(Beginning of MATERIAL TO PROCESS)
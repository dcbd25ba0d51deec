-- ===== src/Udp/Blob.antt =====
-- transport/udp/udp.go: blobs over TCP. What one side has sent is a list of bytes, after which the
-- connection ends; deadlines and TLS are in how many bytes come, and in the error of dialling.
pub mod Transfer
use webrtc_dht.Prelude.{
  ℕ, zero, suc, ◌+◌, ◌*◌, ◌/◌, ◌%◌, Option, none, some, List, [], ◌∷◌, ◌++◌, leb, ◌==◌,
  if◌then◌else◌, length, take, drop, Text, Bytes, codes, decimal,
}
use webrtc_dht.Types.{Error, not_found, message, wrapped, Result, ok, err}
use webrtc_dht.Node.{Node, on_fetch_blob}
use webrtc_dht.Storage.Files.{Formats}
use webrtc_dht.Transport.{Transport}

-- `binary.BigEndian`, for a number of so many bytes, before other bytes.
unfoldable pub put_bytes : ℕ → ℕ → Bytes → Bytes
put_bytes zero n rest = rest
put_bytes (suc width) n rest = put_bytes width (n / 256) (n % 256 ∷ rest)

unfoldable pub get_bytes : ℕ → Bytes → ℕ
get_bytes acc [] = acc
get_bytes acc (b ∷ bs) = get_bytes (acc * 256 + b) bs

abbrev pub put_uint64 : ℕ → Bytes
put_uint64 n = put_bytes 8 n []

abbrev pub get_uint64 : Bytes → ℕ
get_uint64 bs = get_bytes 0 bs

-- The error of `io.ReadFull` after so many bytes.
unfoldable pub ended : ℕ → Error
ended zero = message (codes "EOF")
ended (suc n) = message (codes "unexpected EOF")

-- The bytes that are read, and those that are left.
unfoldable pub read_full : ℕ → Bytes → Result (Bytes × Bytes)
read_full n s = if leb n (length s) then ok (take n s, drop n s) else err (ended (length s))

-- An error of the handler is as an empty blob.
abbrev pub blob_or_empty : Result Bytes → Bytes
blob_or_empty (err e) = []
blob_or_empty (ok bytes) = bytes

module _ (F : Formats) (T : Transport) where
  abbrev pub held_blob : Option Node → Text → Bytes
  held_blob none ref = []
  held_blob (some node) ref = blob_or_empty (on_fetch_blob F T node none ref)

  blob_answer : Option Node → Result (Bytes × Bytes) → Bytes
  blob_answer handler (err e) = []
  blob_answer handler (ok (ref, rest)) =
      let bytes = held_blob handler ref in put_uint64 (length bytes) ++ bytes

  -- What is written, for what comes in; the handler may not be set.
  unfoldable pub handle_blob_conn : Option Node → Bytes → Bytes
  unfolding blob_answer
  handle_blob_conn handler input = blob_answer handler (read_full 64 input)

blob_read : Result (Bytes × Bytes) → Result Bytes
blob_read (err e) = err (wrapped (codes "blob read: ") e)
blob_read (ok (bytes, rest)) = ok bytes

sized : ℕ → Bytes → Result Bytes
unfolding blob_read
sized zero s = err not_found
sized (suc n) s = blob_read (read_full (suc n) s)

size_read : Result (Bytes × Bytes) → Result Bytes
unfolding sized
size_read (err e) = err e
size_read (ok (size, s)) = sized (get_uint64 size) s

-- `addr` is the text of the target's address. Dialling it and writing to it may fail, and `reply`
-- is what comes back for what was written.
module _ (addr : Text) (dial write : Option Error) (reply : Bytes → Bytes) where
  asked : Text → Option Error → Option Error → Result Bytes
  unfolding size_read
  asked ref (some e) w = err (wrapped (codes "blob tcp dial " ++ addr ++ codes ": ") e)
  asked ref none (some e) = err e
  asked ref none none = size_read (read_full 8 (reply ref))

  unfoldable pub fetch_blob : Text → Result Bytes
  unfolding asked
  fetch_blob ref =
      if length ref == 64
      then asked ref dial write
      else err (
          message (codes "invalid blob ref length: " ++ decimal (length ref) ++ codes " (want 64)"))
(End of MATERIAL TO PROCESS)
REQUIRED ACTION: Word for word, copy out all the data given above.

WRITTEN ANSWER:
repository dcbd25ba0d51deec
-- ===== src/Udp/Blob.antt =====
-- transport/udp/udp.go: blobs over TCP. What one side has sent is a list of bytes, after which the
-- connection ends; deadlines and TLS are in how many bytes come, and in the error of dialling.
pub mod Transfer
use webrtc_dht.Prelude.{
  ℕ, zero, suc, ◌+◌, ◌*◌, ◌/◌, ◌%◌, Option, none, some, List, [], ◌∷◌, ◌++◌, leb, ◌==◌,
  if◌then◌else◌, length, take, drop, Text, Bytes, codes, decimal,
}
use webrtc_dht.Types.{Error, not_found, message, wrapped, Result, ok, err}
use webrtc_dht.Node.{Node, on_fetch_blob}
use webrtc_dht.Storage.Files.{Formats}
use webrtc_dht.Transport.{Transport}

-- `binary.BigEndian`, for a number of so many bytes, before other bytes.
unfoldable pub put_bytes : ℕ → ℕ → Bytes → Bytes
put_bytes zero n rest = rest
put_bytes (suc width) n rest = put_bytes width (n / 256) (n % 256 ∷ rest)

unfoldable pub get_bytes : ℕ → Bytes → ℕ
get_bytes acc [] = acc
get_bytes acc (b ∷ bs) = get_bytes (acc * 256 + b) bs

abbrev pub put_uint64 : ℕ → Bytes
put_uint64 n = put_bytes 8 n []

abbrev pub get_uint64 : Bytes → ℕ
get_uint64 bs = get_bytes 0 bs

-- The error of `io.ReadFull` after so many bytes.
unfoldable pub ended : ℕ → Error
ended zero = message (codes "EOF")
ended (suc n) = message (codes "unexpected EOF")

-- The bytes that are read, and those that are left.
unfoldable pub read_full : ℕ → Bytes → Result (Bytes × Bytes)
read_full n s = if leb n (length s) then ok (take n s, drop n s) else err (ended (length s))

-- An error of the handler is as an empty blob.
abbrev pub blob_or_empty : Result Bytes → Bytes
blob_or_empty (err e) = []
blob_or_empty (ok bytes) = bytes

module _ (F : Formats) (T : Transport) where
  abbrev pub held_blob : Option Node → Text → Bytes
  held_blob none ref = []
  held_blob (some node) ref = blob_or_empty (on_fetch_blob F T node none ref)

  blob_answer : Option Node → Result (Bytes × Bytes) → Bytes
  blob_answer handler (err e) = []
  blob_answer handler (ok (ref, rest)) =
      let bytes = held_blob handler ref in put_uint64 (length bytes) ++ bytes

  -- What is written, for what comes in; the handler may not be set.
  unfoldable pub handle_blob_conn : Option Node → Bytes → Bytes
  unfolding blob_answer
  handle_blob_conn handler input = blob_answer handler (read_full 64 input)

blob_read : Result (Bytes × Bytes) → Result Bytes
blob_read (err e) = err (wrapped (codes "blob read: ") e)
blob_read (ok (bytes, rest)) = ok bytes

sized : ℕ → Bytes → Result Bytes
unfolding blob_read
sized zero s = err not_found
sized (suc n) s = blob_read (read_full (suc n) s)

size_read : Result (Bytes × Bytes) → Result Bytes
unfolding sized
size_read (err e) = err e
size_read (ok (size, s)) = sized (get_uint64 size) s

-- `addr` is the text of the target's address. Dialling it and writing to it may fail, and `reply`
-- is what comes back for what was written.
module _ (addr : Text) (dial write : Option Error) (reply : Bytes → Bytes) where
  asked : Text → Option Error → Option Error → Result Bytes
  unfolding size_read
  asked ref (some e) w = err (wrapped (codes "blob tcp dial " ++ addr ++ codes ": ") e)
  asked ref none (some e) = err e
  asked ref none none = size_read (read_full 8 (reply ref))

  unfoldable pub fetch_blob : Text → Result Bytes
  unfolding asked
  fetch_blob ref =
      if length ref == 64
      then asked ref dial write
      else err (
          message (codes "invalid blob ref length: " ++ decimal (length ref) ++ codes " (want 64)"))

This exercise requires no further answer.